This item originally appeared in the January 13, 2005 issue of The Tech Talk.
By LYDIA EARHART
More than 150,000 lives were lost Dec. 26, 2004 after a tsunami struck the coastlands of the Indian Ocean, and millions more were left homeless, hungry and injured.
People in 11 different countries have been affected by this catastrophic disaster, and organizations on campus are raising money to help the survivors of these countries.
"We just want to help those who are suffering in these countries," Pratyush Kunar, a member of the association of Indian students and a graduate student of computer science, said.
Tsunamis are caused by the movement of a fault, a fracture in the Earth's crust. When the fault movement occurs, it produces earthquakes.
If the quake disturbs the sea floor, it results in a change in water level at the surface of the ocean.

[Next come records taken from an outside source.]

-- ===== src/Commit/Invariant.antt =====
-- The states in which an interruption may leave a transaction, and what recovery relies on.
use libopod.Base.{
  ℕ, zero, suc, ◌+◌, ◌≤◌, ◌<◌, ◌≡◌, ◌⊎◌, inl, inr, sym, ap, ◌∙◌, Bool, true, false, Option, none,
  some, List, [], ◌∷◌, arith,
}
use mathlib.Core.Path.{subst}
use libopod.Base.Tests.{◌==◌, ==_iff, ==_refl, Bool-cases, if◌then◌else◌}
use libopod.Base.Lists.{length, take}
use libopod.Commit.State.{
  File, Fingerprint, Output, Staging, TransactionJournal, Slot, World, TransactionPhase, committed,
  rolled_back, fingerprint_matches,
}
use libopod.Commit.Replace.{update_slot, is_terminal, in_flight}
use libopod.Commit.Manifest.{present, absent, original_state, write_journal}
use libopod.Commit.Effects.{Ends, Ends-change, Ends-change_last}
use libopod.Commit.Recover.{count_valid}

-- the output at an index; behind the last one it does not matter which
abbrev pub output_at : List Output → ℕ → Output
output_at [] i = record {
  output = record { bytes = 0; sha256 = [] };
  original_bytes = none;
  original_sha256 = none;
  is_added_media = false;
}
output_at (o ∷ os) zero = o
output_at (o ∷ os) (suc i) = output_at os i

-- `os` are the outputs of `items` from `index` on
abbrev pub Lists : (ℕ → Output) → ℕ → List Output → Type 0
Lists items index [] = Unit {0}
Lists items index (o ∷ os) = (o ≡ items index) × Lists items (suc index) os

Lists-from :
    (items : ℕ → Output) (index : ℕ) (os : List Output)
    → ((j : ℕ) → items (index + j) ≡ output_at os j)
    → Lists items index os
Lists-from items index [] h = tt
Lists-from items index (o ∷ os) h = (
  sym (h 0) ∙ ap items (plus_zero index),
  Lists-from items (suc index) os λ j. ap items (plus_suc index j) ∙ h (suc j),
)
  where
    plus_zero : (k : ℕ) → k + 0 ≡ k
    plus_zero k = omega arith

    plus_suc : (k j : ℕ) → suc k + j ≡ k + suc j
    plus_suc k j = omega arith

pub Lists-output_at : (os : List Output) → Lists (output_at os) 0 os
Lists-output_at os = Lists-from (output_at os) 0 os λ j. ap (output_at os) (zero_plus j)
  where
    zero_plus : (j : ℕ) → 0 + j ≡ j
    zero_plus j = omega arith

pub Lists-take :
    (items : ℕ → Output) (index m : ℕ) (os : List Output)
    → Lists items index os
    → Lists items index (take m os)
Lists-take items index zero os h = tt
Lists-take items index (suc m) [] h = tt
Lists-take items index (suc m) (o ∷ os) h = (h.0, Lists-take items (suc index) m os h.1)

-- what a slot reads after an update
pub update_slot_same :
    (w : World) (index : ℕ) (f : Slot → Slot)
    → (update_slot index f w).slots index ≡ f (w.slots index)
update_slot_same w index f =
    ap (λ b. if b then f (w.slots index) else w.slots index) (==_refl index)

-- what holds of the updated slot, and of the others, holds of each
pub at_update :
    (Q : ℕ → Slot → Type 0) (w : World) (index : ℕ) (f : Slot → Slot)
    → Q index (f (w.slots index))
    → ((i : ℕ) → (i ≡ index → ⊥) → Q i (w.slots i))
    → (i : ℕ) → Q i ((update_slot index f w).slots i)
at_update Q w index f here others i = elim (Bool-cases (i == index)) [
  | inl same ↦
      let e = (==_iff i index).0 same in
      subst (λ k. Q k ((update_slot index f w).slots k)) (sym e)
        (subst (Q index) (sym (update_slot_same w index f)) here)
  | inr other ↦
      subst (Q i) (ap (λ b. if b then f (w.slots index) else w.slots i) (sym other))
        (others i (λ e. different i index other e))
]
  where
    different : (i k : ℕ) → (i == k) ≡ false → i ≡ k → ⊥
    different i k h e = ground arith

module _ (sha256 : File → List ℕ) where
  -- What the manifest says of an original agrees with the file that was there.
  pub data OldOk (o : Output) (before : Option File) : Type 0 where
    was_present :
        (original : Fingerprint) (file : File)
        → original_state o ≡ present original
        → before ≡ some file
        → fingerprint_matches sha256 (some file) original ≡ true
        → OldOk o before
    was_absent : original_state o ≡ absent → before ≡ none → OldOk o before

  -- The states of one output in a transaction that is neither committed nor rolled back.
  pub data SlotOk (phase : TransactionPhase) (installed index : ℕ) (o : Output)
      (before : Option File) (after : File) (live backup : Option File) : Type 0 where
    untouched :
        installed ≤ index
        → live ≡ before
        → backup ≡ none
        → SlotOk phase installed index o before after live backup
    added :
        index < installed
        → before ≡ none
        → live ≡ some after
        → fingerprint_matches sha256 (some after) o.output ≡ true
        → backup ≡ none
        → SlotOk phase installed index o before after live backup
    not_added :
        index < installed
        → before ≡ none
        → live ≡ none
        → backup ≡ none
        → SlotOk phase installed index o before after live backup
    replaced :
        (file : File)
        → index < installed
        → before ≡ some file
        → live ≡ some after
        → fingerprint_matches sha256 (some after) o.output ≡ true
        → backup ≡ some file
        → SlotOk phase installed index o before after live backup
    gap :
        (file : File)
        → index < installed
        → before ≡ some file
        → live ≡ none
        → backup ≡ some file
        → in_flight phase installed index ≡ true
        → SlotOk phase installed index o before after live backup
    unmoved :
        (file : File)
        → index < installed
        → before ≡ some file
        → live ≡ some file
        → backup ≡ none
        → in_flight phase installed index ≡ true
        → SlotOk phase installed index o before after live backup

-- An edit that a transaction installs: its manifest, the files that were there, the new ones.
pub record Edit : Type 0 where
  pub sha256 : File → List ℕ
  pub staging : Staging
  pub old : ℕ → Option File
  pub new : ℕ → File

module _ (e : Edit) where
  abbrev pub items : ℕ → Output
  items = output_at e.staging.outputs

  abbrev pub total : ℕ
  total = length e.staging.outputs

  -- every original, or every output, in its place
  abbrev pub AllOld : World → Type 0
  AllOld w = (i : ℕ) → i < total → (w.slots i).live ≡ e.old i

  abbrev pub AllNew : World → Type 0
  AllNew w =
      (i : ℕ)
      → i < total
      → ((w.slots i).live ≡ some (e.new i))
        × (fingerprint_matches e.sha256 (some (e.new i)) (items i).output ≡ true)

  abbrev pub NoBackups : World → Type 0
  NoBackups w = (i : ℕ) → i < total → (w.slots i).backup ≡ none

  -- a journal of this transaction, in its directory
  pub record InPhase (phase : TransactionPhase) (installed : ℕ) (w : World) : Type 0 where
    pub number : w.targets ≡ total
    pub there : w.directory ≡ true
    pub written :
        w.journal ≡ some (record { phase = phase; installed = installed; staging = e.staging })

  pub record IsOpen (phase : TransactionPhase) (installed : ℕ) (w : World) : Type 0 where
    pub at : InPhase phase installed w
    pub open_phase : is_terminal phase ≡ false
    pub counts :
        count_valid (record { phase = phase; installed = installed; staging = e.staging }) ≡ true
    pub each :
        (i : ℕ)
        → i < total
        → SlotOk e.sha256 phase installed i
            (items i)
            (e.old i)
            (e.new i)
            (w.slots i).live
            (w.slots i).backup

  -- The states that an interruption may leave.
  pub data IsRecoverable (w : World) : Type 0 where
    closed :
        w.targets ≡ total
        → w.directory ≡ false
        → w.journal ≡ none
        → AllOld w ⊎ AllNew w
        → IsRecoverable w
    scaffold :
        w.targets ≡ total
        → w.directory ≡ true
        → w.journal ≡ none
        → NoBackups w
        → AllOld w ⊎ AllNew w
        → IsRecoverable w
    in_progress :
        (phase : TransactionPhase) (installed : ℕ) → IsOpen phase installed w → IsRecoverable w
    kept : InPhase committed total w → AllNew w → IsRecoverable w
    undone :
        (installed : ℕ)
        → installed ≤ total
        → InPhase rolled_back installed w
        → AllOld w
        → IsRecoverable w

  -- what the manifest says, agrees with what was there
  abbrev pub Known : Type 0
  Known = (i : ℕ) → i < total → OldOk e.sha256 (items i) (e.old i)

  -- the transaction is over: all the originals, or all the outputs
  abbrev pub IsSettled : World → Type 0
  IsSettled w =
      (w.targets ≡ total) × (w.directory ≡ false) × (w.journal ≡ none) × (AllOld w ⊎ AllNew w)

  -- whether the journal's temporary is there makes no difference
  pub InPhase-temporary :
      (phase : TransactionPhase) (n : ℕ) (w : World) (b : Bool)
      → InPhase phase n w
      → InPhase phase n (record w { journal_temporary = b })
  InPhase-temporary phase n w b at = record {
    number = at.number;
    there = at.there;
    written = at.written;
  }

  pub IsOpen-temporary :
      (phase : TransactionPhase) (n : ℕ) (w : World) (b : Bool)
      → IsOpen phase n w
      → IsOpen phase n (record w { journal_temporary = b })
  IsOpen-temporary phase n w b o = record {
    at = InPhase-temporary phase n w b o.at;
    open_phase = o.open_phase;
    counts = o.counts;
    each = o.each;
  }

  pub IsRecoverable-temporary :
      (w : World) (b : Bool) → IsRecoverable w → IsRecoverable (record w { journal_temporary = b })
  IsRecoverable-temporary w b (closed n d j f) = closed n d j f
  IsRecoverable-temporary w b (scaffold n d j k f) = scaffold n d j k f
  IsRecoverable-temporary w b (in_progress p n o) = in_progress p n (IsOpen-temporary p n w b o)
  IsRecoverable-temporary w b (kept at f) = kept (InPhase-temporary committed total w b at) f
  IsRecoverable-temporary w b (undone n le at f) =
      undone n le (InPhase-temporary rolled_back n w b at) f

  -- a journal that is written, from one state to another
  pub write_journal-Ends :
      (E : World → Type 0) (R : Unit {0} → World → Type 0) (j : TransactionJournal) (w : World)
      → IsRecoverable w
      → R tt (record w { journal_temporary = false; journal = some j })
      → Ends IsRecoverable E R (write_journal j w)
  unfolding write_journal
  write_journal-Ends E R j w h k =
      Ends-change IsRecoverable E R (λ v. record v { journal_temporary = true }) _ w h
        (Ends-change_last IsRecoverable E R
          (λ v. record v { journal_temporary = false; journal = some j })
          (record w { journal_temporary = true }) (IsRecoverable-temporary w true h) k)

According to Harold Thurman and Alan Trujillo, authors of the book "Essentials of Oceanography," every two to three years, a tsunami occurs in the world, and every 15 to 20 years, a large and extremely damaging one happens.
In the words of a professor
Dr. Gary Zumwalt, an associate professor of geosciences, said he thinks people should be aware of how and why tsunamis form.
"In the simplest sense, a tsunami causes high energy waves formed by the earth's movement," Zumwalt said.
Zumwalt said the tsunami traveled too fast for people to out-run the enormous wave.
"[The disaster] is not quite that simple," Zumwalt said. "Not even the public can imagine the effects."
Although the amount of lives lost is still growing, a small number of animals were found dead.
"I spoke with the biology department about this and they said it was because the animals could sense something was about to happen," Zumwalt said.
Zumwalt said tsunamis do not happen in only one part of the world.
"Soon there will be tsunamis happening in the Atlantic," he said.
Zumwalt said in Oregon the residents have tsunami alert stations. Oregon also has tsunami evacuation routes for people who are in danger.
"In Oregon they park the buses at the grade school because they must have enough buses to transport the students to a safer area," Zumwalt said.
Zumwalt also explained the United States would be a safer place because of all the mountains.
However, Louisiana would be a good target and could suffer a massive amount of damage since the land is low.
"Japan is used to tsunamis so they have a levee so high that you can't see the ocean," Zumwalt said. "The levees were created to keep water from damaging the houses on the coast."
Zumwalt said although no one can predict when the tsunami will occur, people can be warned.
Zumwalt said since the United States is technologically more advanced than the countries that were affected by the tsunami, the United States should have an alert system that could save lives.
"An instantaneous e-mail would be a good way to warn people," Zumwalt said. "If people were warned through their cell phones it would be great because everyone has a cell phone."
According to ABC NEWS, the tsunami has destroyed a lot on land but even underneath the water, coral and habitats have been destroyed.
How to donate
Other countries' world leaders are willing to help by giving aid to these countries going through this disaster.
According to MSNBC, Austria and Germany were the first to pledge nearly $4 billion in aid. Austria and Germany's aid is the largest relief package ever given.
President Bush gave an "initial commitment" pledge of $350 million for the countries affected by the tsunami.
Tech is also striving to give contributions to the countries affected by the tsunami.
Tech's Association of Indian Students has three tables set up for Tech students to donate money to the disaster.
The tables are located in Tolliver Hall, the Student Center, Main Floor and in front of Wyly Tower.
Kunar said the money Tech students donate will go to the Direct Relief International in Santa Barbara, Calif.
"The money will go to basic needs and necessities for the survivors of the tsunami," Kunar said.
The Student Government Association and Louisiana Tech Campus Ministries are also trying to raise money.
"There is such a big need for the countries around the Indian Ocean for relief," John Aaron Matthew, president of the Baptist Collegiate Ministry and a senior family and child studies major, said.
Donations can be given to any of the Tech campus ministries or to SGA.
Matthew said, "[Taking donations] seemed like the right thing to do in a small way."